» **REQUIREMENT**
Give the data again exactly, from its opening line through the line in which "(v : ℕ) (rest" appears.

***** RECORDS SHOWN *****

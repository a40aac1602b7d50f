-- ===== src/Wire/Laws/Sequences.antt =====
-- The contract of strings, vectors and arrays.
use hexahedra.Base.{
  ℕ, ◌%◌, ◌≡◌, refl, List, [], ◌∷◌, ◌++◌, length, take, ◌==◌, Bool-cases, inl, inr, All, All-append,
  arith, append-nil, append_assoc, length-append, take_all, take-append-drop, take-append_length,
  drop-append_length, take-append_le, drop-append_le,
}
use hexahedra.Wire.Defs.{
  Fault, string_too_long, array_too_long, end_of_string, end_of_array, ok, >>=-eq-ok, Serial,
}
use hexahedra.Wire.Endian.{ByteOrder}
use hexahedra.Wire.Scalars.{u16, IsByte, IsU16}
use hexahedra.Wire.Sequences.{refill, resize, counted_bytes, string, char_vector, vector}
use hexahedra.Wire.Laws.Defs.{Lawful}
use hexahedra.Wire.Laws.Scalars.{u16-Lawful, u16_replaced}
use hexahedra.Wire.Laws.Elements.{
  resize-nil, length-resize, IsShort, IsText, IsVector, bytes_each, write_each-bytes, merge_each,
  read_each-bytes, merge_each-replicate, bytes_each-IsByte, read_each-extends, read_each_takes,
}

-- What a read leaves in a text that was `old`: an empty text does not replace it.
abbrev pub refilled : List ℕ → List ℕ → List ℕ
refilled old [] = old
refilled old (b ∷ bs) = b ∷ bs

module _ ⦃host : ByteOrder⦄ where
  u16_reads :
      (v : ℕ) (rest : List ℕ) → IsU16 v → u16.read 0 (u16-Lawful.bytes v ++ rest) ≡ ok (v, rest)
  unfolding u16
  u16_reads v rest h = rw (u16-Lawful.reads 0 v rest h, u16_replaced)

  module _ {A : Type 0} {s : Serial A} {P : A → Type 0} (ls : Lawful s P) where
    vector-writes :
        (xs : List A) (out : List ℕ)
        → IsShort xs × All P xs
        → (vector s).write xs out ≡ ok (out ++ (u16-Lawful.bytes (length xs) ++ bytes_each ls xs))
    unfolding vector
    vector-writes xs out h =
        let small : length xs % 65536 ≡ length xs = omega arith in
        rw (small, u16-Lawful.writes (length xs) out h.0, take_all xs (length xs) (omega arith))
          (rw (write_each-bytes ls xs _ h.1, append_assoc))

    abbrev vector_merge : List A → List A → List A
    vector_merge old xs = merge_each ls (resize (length xs) s.fresh old) xs

    vector-reads :
        (old xs : List A) (rest : List ℕ)
        → IsShort xs × All P xs
        → (vector s).read old ((u16-Lawful.bytes (length xs) ++ bytes_each ls xs) ++ rest)
          ≡ ok (vector_merge old xs, rest)
    unfolding vector
    vector-reads old xs rest h =
        rw (append_assoc, u16_reads (length xs) (bytes_each ls xs ++ rest) h.0)
          (read_each-bytes ls (resize (length xs) s.fresh old) xs rest
            (length-resize (length xs) s.fresh old) h.1)

    vector-fresh_merge :
        (xs : List A) → IsShort xs × All P xs → vector_merge (vector s).fresh xs ≡ xs
    unfolding vector
    vector-fresh_merge xs h = rw (resize-nil (length xs) s.fresh) (merge_each-replicate ls xs h.1)

    vector-extends :
        (old xs : List A) (src rest more : List ℕ)
        → (vector s).read old src ≡ ok (xs, rest)
        → (vector s).read old (src ++ more) ≡ ok (xs, rest ++ more)
    unfolding vector
    vector-extends old xs src rest more h =
        let ((len, mid), e, h') = >>=-eq-ok (u16.read 0 src) _ h in
        rw (u16-Lawful.extends 0 len src mid more e)
          (read_each-extends ls (resize len s.fresh old) xs mid rest more h')

    vector-takes :
        (old xs : List A) (src rest : List ℕ)
        → (vector s).read old src ≡ ok (xs, rest)
        → (taken : List ℕ) × (src ≡ taken ++ rest)
    unfolding vector
    vector-takes old xs src rest h =
        let ((len, mid), e, h') = >>=-eq-ok (u16.read 0 src) _ h in
        let (front, here) = u16-Lawful.takes 0 len src mid e in
        let (back, there) = read_each_takes ls (resize len s.fresh old) xs mid rest h' in
        (front ++ back, cc (append_assoc front back rest))

    -- A vector of at most 65535 elements.
    pub vector-Lawful : Lawful (vector s) (IsVector P)
    vector-Lawful = record {
      bytes = λ xs. u16-Lawful.bytes (length xs) ++ bytes_each ls xs;
      merge = vector_merge;
      writes = vector-writes;
      reads = vector-reads;
      fresh_merge = vector-fresh_merge;
      octets = λ xs h.
          All-append IsByte (u16-Lawful.bytes (length xs)) (bytes_each ls xs)
            (u16-Lawful.octets (length xs) h.0) (bytes_each-IsByte ls xs h.1);
      extends = vector-extends;
      takes = vector-takes;
    }

  module _ (long short : Fault) where
    pub counted-writes :
        (val out : List ℕ)
        → IsShort val × All IsByte val
        → (counted_bytes long short).write val out
          ≡ ok (out ++ (u16-Lawful.bytes (length val) ++ val))
    unfolding counted_bytes
    counted-writes [] out h = rw (u16-Lawful.writes 0 out (omega arith), append-nil)
    counted-writes (b ∷ bs) out h = ground (
      arith,
      u16-Lawful.writes (length (b ∷ bs)) out,
      append_assoc out (u16-Lawful.bytes (length (b ∷ bs))) (b ∷ bs),
    )

    pub counted-reads :
        (old val rest : List ℕ)
        → IsShort val
        → (counted_bytes long short).read old ((u16-Lawful.bytes (length val) ++ val) ++ rest)
          ≡ ok (refilled old val, rest)
    unfolding counted_bytes
    counted-reads old [] rest h = rw (append-nil, u16_reads 0 rest (omega arith))
    counted-reads old (b ∷ bs) rest h =
        let val : List ℕ = b ∷ bs in
        rw
          (
            append_assoc (u16-Lawful.bytes (length val)) val rest,
            u16_reads (length val) (val ++ rest) h,
          )
          (ground (
            arith,
            length-append val rest,
            take-append_length val rest,
            drop-append_length val rest,
          ))

    refilled-nil : (val : List ℕ) → refilled (counted_bytes long short).fresh val ≡ val
    unfolding counted_bytes
    refilled-nil [] = refl
    refilled-nil (b ∷ bs) = refl

    counted-extends :
        (old val src rest more : List ℕ)
        → (counted_bytes long short).read old src ≡ ok (val, rest)
        → (counted_bytes long short).read old (src ++ more) ≡ ok (val, rest ++ more)
    unfolding counted_bytes
    counted-extends old val src rest more h =
        let ((len, mid), e, h') = >>=-eq-ok (u16.read 0 src) _ h in
        rw (u16-Lawful.extends 0 len src mid more e) (
          ground (
            arith,
            h',
            length-append mid more,
            take-append_le len mid more,
            drop-append_le len mid more,
          ))

    counted_rest :
        (len : ℕ) (old val mid rest : List ℕ)
        → refill short len old mid ≡ ok (val, rest)
        → (taken : List ℕ) × (mid ≡ taken ++ rest)
    unfolding refill
    counted_rest len old val mid rest h = elim (Bool-cases (len == 0)) [
      | inl none_left ↦ ([], ground arith)
      | inr some_left ↦ (take len mid, ground (arith, take-append-drop len mid))
    ]

    counted-takes :
        (old val src rest : List ℕ)
        → (counted_bytes long short).read old src ≡ ok (val, rest)
        → (taken : List ℕ) × (src ≡ taken ++ rest)
    unfolding counted_bytes
    counted-takes old val src rest h =
        let ((len, mid), e, h') = >>=-eq-ok (u16.read 0 src) _ h in
        let (front, here) = u16-Lawful.takes 0 len src mid e in
        let (back, there) = counted_rest len old val mid rest h' in
        (front ++ back, cc (append_assoc front back rest))

    pub counted-Lawful : Lawful (counted_bytes long short) IsText
    counted-Lawful = record {
      bytes = λ val. u16-Lawful.bytes (length val) ++ val;
      merge = refilled;
      writes = counted-writes;
      reads = λ old val rest h. counted-reads old val rest h.0;
      fresh_merge = λ val h. refilled-nil val;
      octets = λ val h.
          All-append IsByte (u16-Lawful.bytes (length val)) val (u16-Lawful.octets (length val) h.0)
            h.1;
      extends = counted-extends;
      takes = counted-takes;
    }

  pub string-Lawful : Lawful string IsText
  unfolding string
  string-Lawful = counted-Lawful string_too_long end_of_string

  pub char_vector-Lawful : Lawful char_vector IsText
  unfolding char_vector
  char_vector-Lawful = counted-Lawful array_too_long end_of_array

*****

» **EXERCISE RESPONSE**
repository a40aac1602b7d50f
-- ===== src/Wire/Laws/Sequences.antt =====
-- The contract of strings, vectors and arrays.
use hexahedra.Base.{
  ℕ, ◌%◌, ◌≡◌, refl, List, [], ◌∷◌, ◌++◌, length, take, ◌==◌, Bool-cases, inl, inr, All, All-append,
  arith, append-nil, append_assoc, length-append, take_all, take-append-drop, take-append_length,
  drop-append_length, take-append_le, drop-append_le,
}
use hexahedra.Wire.Defs.{
  Fault, string_too_long, array_too_long, end_of_string, end_of_array, ok, >>=-eq-ok, Serial,
}
use hexahedra.Wire.Endian.{ByteOrder}
use hexahedra.Wire.Scalars.{u16, IsByte, IsU16}
use hexahedra.Wire.Sequences.{refill, resize, counted_bytes, string, char_vector, vector}
use hexahedra.Wire.Laws.Defs.{Lawful}
use hexahedra.Wire.Laws.Scalars.{u16-Lawful, u16_replaced}
use hexahedra.Wire.Laws.Elements.{
  resize-nil, length-resize, IsShort, IsText, IsVector, bytes_each, write_each-bytes, merge_each,
  read_each-bytes, merge_each-replicate, bytes_each-IsByte, read_each-extends, read_each_takes,
}

-- What a read leaves in a text that was `old`: an empty text does not replace it.
abbrev pub refilled : List ℕ → List ℕ → List ℕ
refilled old [] = old
refilled old (b ∷ bs) = b ∷ bs

module _ ⦃host : ByteOrder⦄ where
  u16_reads :
      (v : ℕ) (rest : List ℕ) → IsU16 v → u16.read 0 (u16-Lawful.bytes v ++ rest) ≡ ok (v, rest)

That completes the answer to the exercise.